WHAT NEEDS TO BE DONE:
Each line of the entries below that holds "transactions" is needed, copied in full.

DATA PROVIDED:

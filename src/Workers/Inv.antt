-- ===== src/Workers/Inv.antt =====
-- What the in-degrees and the phases of the transactions have to do with each other.
use icsa_artifact.Base.{
  ℕ, ◌+◌, ◌≤◌, ◌<◌, ◌≡◌, ◌≢◌, refl, ◌∙◌, Bool, true, false, leb, if◌then◌else◌, arith, Bool-cases,
  inl, inr,
}
use icsa_artifact.Base.Int.{negsuc, sub_ℕ}
use icsa_artifact.Workers.Sum.{sum, sum_change, sum_same, sum-le}
use icsa_artifact.Workers.{
  Phase, foreign, waiting, running, executed, releasing, done, update, System, start,
}

-- Whether an edge from a transaction in this phase to `i` still holds `i` back.
abbrev pub pending : Phase → ℕ → ℕ → ℕ
pending foreign a i = 0
pending waiting a i = a
pending running a i = a
pending executed a i = a
pending (releasing next) a i = if leb next i then a else 0
pending done a i = 0

-- What the thread that took a transaction has subtracted from its in-degree.
abbrev pub marks : Phase → ℕ
marks foreign = 0
marks waiting = 0
marks running = 1
marks _ = 2

-- A transaction that is assigned here and not yet counted as completed.
abbrev pub outstanding : Phase → ℕ
outstanding waiting = 1
outstanding running = 1
outstanding executed = 1
outstanding _ = 0

-- The matrix of a block: 0 or 1, above the diagonal, and no edge between two nodes' transactions.
pub record IsDag (adj : ℕ → ℕ → ℕ) (assigned : ℕ → Bool) : Type 0 where
  pub binary : (p i : ℕ) → adj p i ≤ 1
  pub upper : (p i : ℕ) → adj p i ≡ 1 → p < i
  pub closed : (p i : ℕ) → adj p i ≡ 1 → assigned p ≡ assigned i

module _ (n : ℕ) (adj : ℕ → ℕ → ℕ) where
  -- How many edges into `i` still hold it back.
  abbrev pub waits : (ℕ → Phase) → ℕ → ℕ
  waits phase i = sum (λ p. pending (phase p) (adj p i) i) n

  pub record Inv (assigned : ℕ → Bool) (s : System) : Type 0 where
    pub degree :
        (i : ℕ)
        → i < n
        → assigned i ≡ true
        → s.in_degree i ≡ sub_ℕ (waits s.phase i) (marks (s.phase i))
    pub others : (i : ℕ) → assigned i ≡ false → (s.in_degree i ≡ negsuc 0) × (s.phase i ≡ foreign)
    pub own : (i : ℕ) → assigned i ≡ true → s.phase i ≢ foreign
    pub clear : (i : ℕ) → i < n → assigned i ≡ true → s.phase i ≢ waiting → waits s.phase i ≡ 0
    pub ahead : (i k : ℕ) → s.phase i ≡ releasing k → i < k
    pub counted : s.completed + sum (λ i. outstanding (s.phase i)) n ≡ n

  -- One transaction changes its phase.
  pub waits-update :
      (phase : ℕ → Phase) (i : ℕ) (new : Phase) (j : ℕ)
      → i < n
      → waits (update phase i new) j + pending (phase i) (adj i j) j
        ≡ waits phase j + pending new (adj i j) j
  waits-update phase i new j h =
      sum_change (λ p. pending (phase p) (adj p j) j)
        (λ p. pending (update phase i new p) (adj p j) j) n i h (λ p ne. ground arith)
      ∙ ground arith

  pub outstanding-update :
      (phase : ℕ → Phase) (i : ℕ) (new : Phase)
      → i < n
      → sum (λ p. outstanding (update phase i new p)) n + outstanding (phase i)
        ≡ sum (λ p. outstanding (phase p)) n + outstanding new
  outstanding-update phase i new h =
      sum_change (λ p. outstanding (phase p)) (λ p. outstanding (update phase i new p)) n i h
        (λ p ne. ground arith)
      ∙ ground arith

  module _ (assigned : ℕ → Bool) (dag : IsDag adj assigned) where
    start_pending :
        (p i : ℕ)
        → assigned i ≡ true
        → pending (if assigned p then waiting else foreign) (adj p i) i ≡ adj p i
    start_pending p i e = elim (Bool-cases (assigned p)) [
      | inl here ↦ rw here
      | inr there ↦ rw there (ground (arith, dag.binary p i, dag.closed p i))
    ]

    start_degree :
        (i : ℕ)
        → assigned i ≡ true
        → (start n adj assigned).in_degree i
          ≡ sub_ℕ (waits (start n adj assigned).phase i) (marks ((start n adj assigned).phase i))
    unfolding start
    start_degree i e =
        rw
          (
            e,
            sum_same (λ p. adj p i)
                (λ p. pending (if assigned p then waiting else foreign) (adj p i) i) n
                (λ p h. start_pending p i e),
          )
          (ground arith)

    start-outstanding :
        sum (λ i. outstanding ((start n adj assigned).phase i)) n
        ≡ sum (λ i. if assigned i then 1 else 0) n
    unfolding start
    start-outstanding =
        sum_same (λ i. if assigned i then 1 else 0)
          (λ i. outstanding (if assigned i then waiting else foreign)) n (λ i h. ground arith)

    pub start-Inv : Inv assigned (start n adj assigned)
    unfolding start
    start-Inv = record {
      degree = λ i h e. start_degree i e;
      others = λ i e. rw e (refl, refl);
      own = λ i e. rw e (ground arith);
      clear = λ i h e w. absurd (w (rw e));
      ahead = λ i k e. ground arith;
      counted = omega (
        arith,
        start-outstanding,
        sum-le (λ i. if assigned i then 1 else 0) n (λ i. ground arith),
      );
    }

RESULT OF THE EXERCISE:
-- What the in-degrees and the phases of the transactions have to do with each other.
-- The matrix of a block: 0 or 1, above the diagonal, and no edge between two nodes' transactions.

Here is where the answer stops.